Airplane challenge
A few days ago, I found this article about a learning strategy that Elon Musk uses. Basically, he tried to formally identify what he doesn’t know and how it relates to other things he doesn’t know in terms of core importance, and he also tried to relate new things he learns to other projects he works on. I’m not a billionaire yet, so I’m sure there’s a bit more to it than that. Anyway, it reminded me of a fun thing I used to do when we used to fly on these large crafts called airplanes in an enclosed space for a few hours.
Don’t pay for WiFi
The airplane is the last place on Earth where I can still easily resist being connected. What I sometimes do is try to solve a problem on a plane without help from the Internet. A few years ago, I did this with calculating a Riemann sum, or area under a curve – something you learn in first-semester calculus. I figured – it’s been a few years – many more than a few :), let’s see if I can still remember how to do this without help. So, I got to it in python, and by the time the plane landed, I had a primitive system for defining polynomials and approximating area between two bounds on them. I made a few hundred fixes and enhancements after the plane landed :) https://github.com/smycynek/area_under_curve
Looking back, this area project and the projects that followed it illustrated Musk’s strategy a bit.
Strategy 1: What do I know or not know, and what does that mean?

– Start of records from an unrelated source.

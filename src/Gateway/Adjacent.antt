-- ===== src/Gateway/Adjacent.antt =====
-- When a token stands beside a door.
use vtt_platform.Prelude.{
  ℕ, suc, ◌^◌, ◌<◌, String, ◌≡◌, refl, Bool, ◌&&◌, arith, leb, if◌then◌else◌, ◌==◌,
}
use vtt_platform.Prelude.Int.{pos, ltb_ℤ, leb_ℤ, ◌-ℤ◌, ◌-₃₂◌, wrap32_id, IsInt32}
use vtt_platform.Go.GoMap.{Map, get}
use vtt_platform.Contract.Event.{Actor}
use vtt_platform.Engine.State.{Token}
use vtt_platform.Gateway.Rules.{abs, reaches, controls_option}

-- The specification: at most one square apart.
abbrev pub near : ℕ → ℕ → Bool
near a b = leb a (suc b) && leb b (suc a)

difference_IsInt32 : (a b : ℕ) → a < 2 ^ 31 → b < 2 ^ 31 → IsInt32 (pos a -ℤ pos b)
unfolding ◌-ℤ◌
difference_IsInt32 a b h k = ground arith

negation_IsInt32 : (a b : ℕ) → a < 2 ^ 31 → b < 2 ^ 31 → IsInt32 (pos 0 -ℤ (pos a -ℤ pos b))
unfolding ◌-ℤ◌
negation_IsInt32 a b h k = ground arith

size_near :
    (a b : ℕ)
    → leb_ℤ
        (if ltb_ℤ (pos a -ℤ pos b) (pos 0) then pos 0 -ℤ (pos a -ℤ pos b) else pos a -ℤ pos b)
        (pos 1)
      ≡ near a b
unfolding ◌-ℤ◌
size_near a b = ground arith

abs-near : (a b : ℕ) → a < 2 ^ 31 → b < 2 ^ 31 → leb_ℤ (abs (pos a -₃₂ pos b)) (pos 1) ≡ near a b
unfolding abs
abs-near a b h k =
    rw
      (
        wrap32_id (pos a -ℤ pos b) (difference_IsInt32 a b h k),
        wrap32_id (pos 0 -ℤ (pos a -ℤ pos b)) (negation_IsInt32 a b h k),
      )
      (size_near a b)

-- For squares whose coordinates are not negative and within int32, the test of the loop in
-- mayWorkDoor holds of a token exactly when it stands in the door's scene, its actor is the
-- participant's, and it is at most one square away along either axis.
pub reaches-near :
    (pid : String) (actors : Map Actor) (scene_id : String) (tok : Token) (a b u v : ℕ)
    → tok.x ≡ pos a
    → tok.y ≡ pos b
    → (a < 2 ^ 31) × (b < 2 ^ 31) × (u < 2 ^ 31) × (v < 2 ^ 31)
    → reaches pid actors scene_id (pos u) (pos v) tok ≡ (
        tok.scene_id == scene_id
        && controls_option (get actors tok.actor_id) pid
        && near a u
        && near b v)
unfolding reaches
reaches-near pid actors scene_id tok a b u v ex ey (ha, hb, hu, hv) =
    rw (ex, ey, abs-near a u ha hu, abs-near b v hb hv) refl
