-- ===== src/Client/Token/Payload.antt =====
-- The payload that `decoded_access_token` shows of a compact JWT.
use keycloak_oidc4ac_lab.Prelude.{
  ℕ, ◌+◌, ◌*◌, ◌/◌, ◌%◌, ◌<◌, String, ◌≡◌, refl, false, some, List, [], ◌∷◌, ◌++◌, arith, All,
  nat_eq, codes, ap, ◌∙◌, Bool-cases, inl, inr, ok,
}
use keycloak_oidc4ac_lab.Json.{str, obj, entries, Fields, value, JsonText}
use keycloak_oidc4ac_lab.Base64.Roundtrip.{encode, letter, urlsafe_b64decode-encode}
use keycloak_oidc4ac_lab.Utf8.{decode}
use keycloak_oidc4ac_lab.Client.Token.{
  dot, cut, split_dots, payload_of, decoded_payload, decoded_access_token,
}

abbrev pub HasNoDot : List ℕ → Type 0
HasNoDot s = All (λ c. nat_eq c dot ≡ false) s

cut-cons :
    (c : ℕ) (parts : List (List ℕ)) → (p : List ℕ) × (ps : List (List ℕ)) × (cut c parts ≡ p ∷ ps)
cut-cons c [] = ([], [], refl)
cut-cons c (p ∷ ps) = elim (Bool-cases (nat_eq c dot)) [
  | inl e ↦ ([], p ∷ ps, rw e refl)
  | inr e ↦ (c ∷ p, ps, rw e refl)
]

split_dots-cons : (s : List ℕ) → (p : List ℕ) × (ps : List (List ℕ)) × (split_dots s ≡ p ∷ ps)
unfolding split_dots
split_dots-cons [] = ([], [], refl)
split_dots-cons (c ∷ s) = cut-cons c (split_dots s)

split_dots-append :
    (s rest : List ℕ) → HasNoDot s → split_dots (s ++ dot ∷ rest) ≡ s ∷ split_dots rest
unfolding split_dots
split_dots-append [] rest h = let parts = split_dots-cons rest in rw (parts.2, split_dots) refl
split_dots-append (c ∷ s) rest h = rw (split_dots-append s rest h.1) (rw h.0 refl)

split_dots_last : (s : List ℕ) → HasNoDot s → split_dots s ≡ s ∷ []
unfolding split_dots
split_dots_last [] h = refl
split_dots_last (c ∷ s) h = rw (split_dots_last s h.1) (rw h.0 refl)

letter_no_dot : (v : ℕ) → v < 64 → nat_eq (letter v) dot ≡ false
letter_no_dot v h = ground arith

encode_no_dot : (bytes : List ℕ) → All (λ b. b < 256) bytes → HasNoDot (encode bytes)
encode_no_dot [] h = tt
encode_no_dot (a ∷ []) h =
    (letter_no_dot (a / 4) (omega arith), (letter_no_dot (a % 4 * 16) (omega arith), tt))
encode_no_dot (a ∷ b ∷ []) h = (
  letter_no_dot (a / 4) (omega arith),
  (
    letter_no_dot (a % 4 * 16 + b / 16) (omega arith),
    (letter_no_dot (b % 16 * 4) (omega arith), tt),
  ),
)
encode_no_dot (a ∷ b ∷ c ∷ rest) h = (
  letter_no_dot (a / 4) (omega arith),
  (
    letter_no_dot (a % 4 * 16 + b / 16) (omega arith),
    (
      letter_no_dot (b % 16 * 4 + c / 64) (omega arith),
      (letter_no_dot (c % 64) (omega arith), encode_no_dot rest h.1.1.1),
    ),
  ),
)

-- Of a text of three segments, without a further dot, whose second segment encodes the UTF-8 bytes
-- of the JSON text of an object, that object is shown.
pub decoded_access_token_payload :
    (json : JsonText) (token : String) (header signature bytes text : List ℕ) (fs : Fields)
    → codes token ≡ header ++ dot ∷ (encode bytes ++ dot ∷ signature)
    → HasNoDot header
    → HasNoDot signature
    → All (λ b. b < 256) bytes
    → decode bytes ≡ some text
    → json.loads text ≡ value (obj fs)
    → decoded_access_token json (str token) ≡ ok (entries fs)
unfolding decoded_access_token
decoded_access_token_payload json token header signature bytes text fs parts hh hs hb utf8 loaded =
    let three =
      split_dots-append header (encode bytes ++ dot ∷ signature) hh
      ∙ ap (λ ps. header ∷ ps)
          (split_dots-append (encode bytes) signature (encode_no_dot bytes hb)
            ∙ ap (λ ps. encode bytes ∷ ps) (split_dots_last signature hs)) in
    rw (parts, decoded_access_token)
      (rw (three, payload_of)
        (rw (urlsafe_b64decode-encode bytes hb, decoded_payload) (rw utf8 (rw loaded refl))))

I discovered that ranges and off-by-one errors are a pain in this sort of application, and that’s why you are better off NumPy’s built-in ranges and utilities. I realized that while most of Python’s rules for negative exponents, fractional exponents, etc… were intuitive, I should have some validation up front. I also learned that every language has all sort of clever ways of using reflection to bind the name of a function to a function, but maybe just pick the way that’s the most loosely coupled. None of these things were show-stoppers, but going a little deeper into how python deals with non-trivial things is worthwhile.
Strategy 2: How do these new skills relate to other projects?
In my previous post, I mentioned that I like projects that are just challenging enough to get you out of your comfort zone. If I wanted to build a new React App to challenge me, it would need to attack a real problem, not a softball problem I already knew how to solve. So, I applied the area-under-a-curve problem to React. https://stevenvictor.net/area_under_curve/ I had to learn all the language trivia I learned in python in JavaScript, leading to all sorts of unexpected finds. I also needed number inputs, list boxes, formatted output, etc… Because the area under curve problem can’t really be made easier, my React skills would be what would have to adapt and grow instead.